(Saved entries)
+---+

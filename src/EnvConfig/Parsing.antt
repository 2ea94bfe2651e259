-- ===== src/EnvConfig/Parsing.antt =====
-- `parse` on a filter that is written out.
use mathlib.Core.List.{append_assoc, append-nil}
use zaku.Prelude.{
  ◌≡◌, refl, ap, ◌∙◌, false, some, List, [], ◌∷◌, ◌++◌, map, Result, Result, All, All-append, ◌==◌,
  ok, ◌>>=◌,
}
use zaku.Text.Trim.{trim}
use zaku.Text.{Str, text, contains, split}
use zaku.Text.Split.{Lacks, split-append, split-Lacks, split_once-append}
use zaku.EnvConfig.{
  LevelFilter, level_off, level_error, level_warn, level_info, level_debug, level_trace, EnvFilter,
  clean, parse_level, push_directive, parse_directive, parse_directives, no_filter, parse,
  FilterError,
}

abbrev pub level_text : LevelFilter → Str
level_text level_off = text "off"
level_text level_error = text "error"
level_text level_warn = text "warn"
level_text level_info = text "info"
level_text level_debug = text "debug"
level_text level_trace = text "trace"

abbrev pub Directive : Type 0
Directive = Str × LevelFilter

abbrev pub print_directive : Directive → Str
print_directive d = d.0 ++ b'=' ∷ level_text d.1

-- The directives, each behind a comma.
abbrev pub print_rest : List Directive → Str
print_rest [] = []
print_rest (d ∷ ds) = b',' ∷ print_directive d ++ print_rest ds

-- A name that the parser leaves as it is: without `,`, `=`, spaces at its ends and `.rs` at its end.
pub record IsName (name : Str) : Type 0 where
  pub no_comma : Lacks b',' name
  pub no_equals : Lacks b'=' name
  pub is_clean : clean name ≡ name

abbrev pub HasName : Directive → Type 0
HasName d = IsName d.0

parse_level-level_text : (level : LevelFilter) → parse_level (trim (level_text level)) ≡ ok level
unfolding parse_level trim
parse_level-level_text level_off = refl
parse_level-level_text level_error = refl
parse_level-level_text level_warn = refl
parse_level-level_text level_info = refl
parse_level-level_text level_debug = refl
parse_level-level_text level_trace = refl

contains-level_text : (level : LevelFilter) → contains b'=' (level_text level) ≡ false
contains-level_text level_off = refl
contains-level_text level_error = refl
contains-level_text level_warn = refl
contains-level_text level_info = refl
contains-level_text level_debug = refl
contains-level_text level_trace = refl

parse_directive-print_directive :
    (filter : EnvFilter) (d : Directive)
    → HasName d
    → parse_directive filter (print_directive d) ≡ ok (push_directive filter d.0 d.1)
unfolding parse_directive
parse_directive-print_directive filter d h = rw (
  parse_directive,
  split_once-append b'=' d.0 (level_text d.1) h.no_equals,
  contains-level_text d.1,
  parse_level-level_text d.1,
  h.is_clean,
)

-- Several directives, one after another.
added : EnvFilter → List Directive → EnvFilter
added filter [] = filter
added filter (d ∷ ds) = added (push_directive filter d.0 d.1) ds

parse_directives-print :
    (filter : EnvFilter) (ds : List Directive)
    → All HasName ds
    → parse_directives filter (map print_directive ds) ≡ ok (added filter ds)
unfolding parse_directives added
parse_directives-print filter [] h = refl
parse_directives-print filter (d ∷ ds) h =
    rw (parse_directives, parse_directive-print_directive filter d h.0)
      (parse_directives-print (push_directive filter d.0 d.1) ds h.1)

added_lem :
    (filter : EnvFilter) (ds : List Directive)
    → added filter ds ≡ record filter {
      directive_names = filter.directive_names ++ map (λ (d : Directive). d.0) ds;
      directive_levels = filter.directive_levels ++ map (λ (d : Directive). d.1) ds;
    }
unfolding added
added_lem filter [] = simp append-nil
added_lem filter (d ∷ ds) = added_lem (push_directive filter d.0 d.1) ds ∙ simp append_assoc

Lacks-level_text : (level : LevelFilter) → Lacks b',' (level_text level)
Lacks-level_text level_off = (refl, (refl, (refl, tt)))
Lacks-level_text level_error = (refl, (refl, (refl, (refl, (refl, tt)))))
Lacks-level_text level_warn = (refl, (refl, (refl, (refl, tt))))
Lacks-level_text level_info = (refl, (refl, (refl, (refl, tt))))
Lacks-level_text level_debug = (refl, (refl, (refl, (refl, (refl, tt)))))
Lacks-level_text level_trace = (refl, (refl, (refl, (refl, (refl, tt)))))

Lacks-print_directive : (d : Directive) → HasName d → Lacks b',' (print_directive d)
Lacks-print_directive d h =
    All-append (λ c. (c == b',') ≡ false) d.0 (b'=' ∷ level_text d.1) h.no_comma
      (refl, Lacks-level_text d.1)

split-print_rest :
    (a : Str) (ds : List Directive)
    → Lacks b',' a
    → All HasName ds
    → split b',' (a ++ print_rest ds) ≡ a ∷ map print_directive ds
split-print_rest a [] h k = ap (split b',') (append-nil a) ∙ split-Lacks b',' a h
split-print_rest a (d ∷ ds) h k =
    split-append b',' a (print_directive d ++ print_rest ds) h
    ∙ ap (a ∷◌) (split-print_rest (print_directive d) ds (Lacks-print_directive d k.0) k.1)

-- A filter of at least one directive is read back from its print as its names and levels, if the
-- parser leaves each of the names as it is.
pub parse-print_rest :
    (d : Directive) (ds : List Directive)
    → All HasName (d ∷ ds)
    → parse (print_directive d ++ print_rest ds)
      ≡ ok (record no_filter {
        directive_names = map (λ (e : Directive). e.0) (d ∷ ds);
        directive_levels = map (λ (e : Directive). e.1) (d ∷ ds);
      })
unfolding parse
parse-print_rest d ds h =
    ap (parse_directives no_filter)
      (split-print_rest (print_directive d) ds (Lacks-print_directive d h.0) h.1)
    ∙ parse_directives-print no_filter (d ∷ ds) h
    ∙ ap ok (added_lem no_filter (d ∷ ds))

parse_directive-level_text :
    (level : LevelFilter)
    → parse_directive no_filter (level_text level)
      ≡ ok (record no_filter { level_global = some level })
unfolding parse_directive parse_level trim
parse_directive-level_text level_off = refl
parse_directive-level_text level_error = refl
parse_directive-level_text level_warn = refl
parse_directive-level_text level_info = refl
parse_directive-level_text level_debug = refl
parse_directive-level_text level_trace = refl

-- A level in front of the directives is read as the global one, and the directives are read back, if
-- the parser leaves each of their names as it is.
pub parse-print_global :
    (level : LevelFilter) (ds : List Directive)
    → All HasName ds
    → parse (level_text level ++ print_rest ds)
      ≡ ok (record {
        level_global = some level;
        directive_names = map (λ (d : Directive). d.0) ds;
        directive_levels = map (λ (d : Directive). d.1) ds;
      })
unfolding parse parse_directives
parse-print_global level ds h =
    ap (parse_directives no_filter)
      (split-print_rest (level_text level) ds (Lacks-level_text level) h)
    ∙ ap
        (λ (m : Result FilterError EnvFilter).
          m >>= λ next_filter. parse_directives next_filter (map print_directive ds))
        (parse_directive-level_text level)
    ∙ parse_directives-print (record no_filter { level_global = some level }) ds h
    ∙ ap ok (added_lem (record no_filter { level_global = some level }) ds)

+---+

Exercise prompt> Throughout the data above, report every line that contains the string "simp".

Answer to this task>
added_lem filter [] = simp append-nil
added_lem filter (d ∷ ds) = added_lem (push_directive filter d.0 d.1) ds ∙ simp append_assoc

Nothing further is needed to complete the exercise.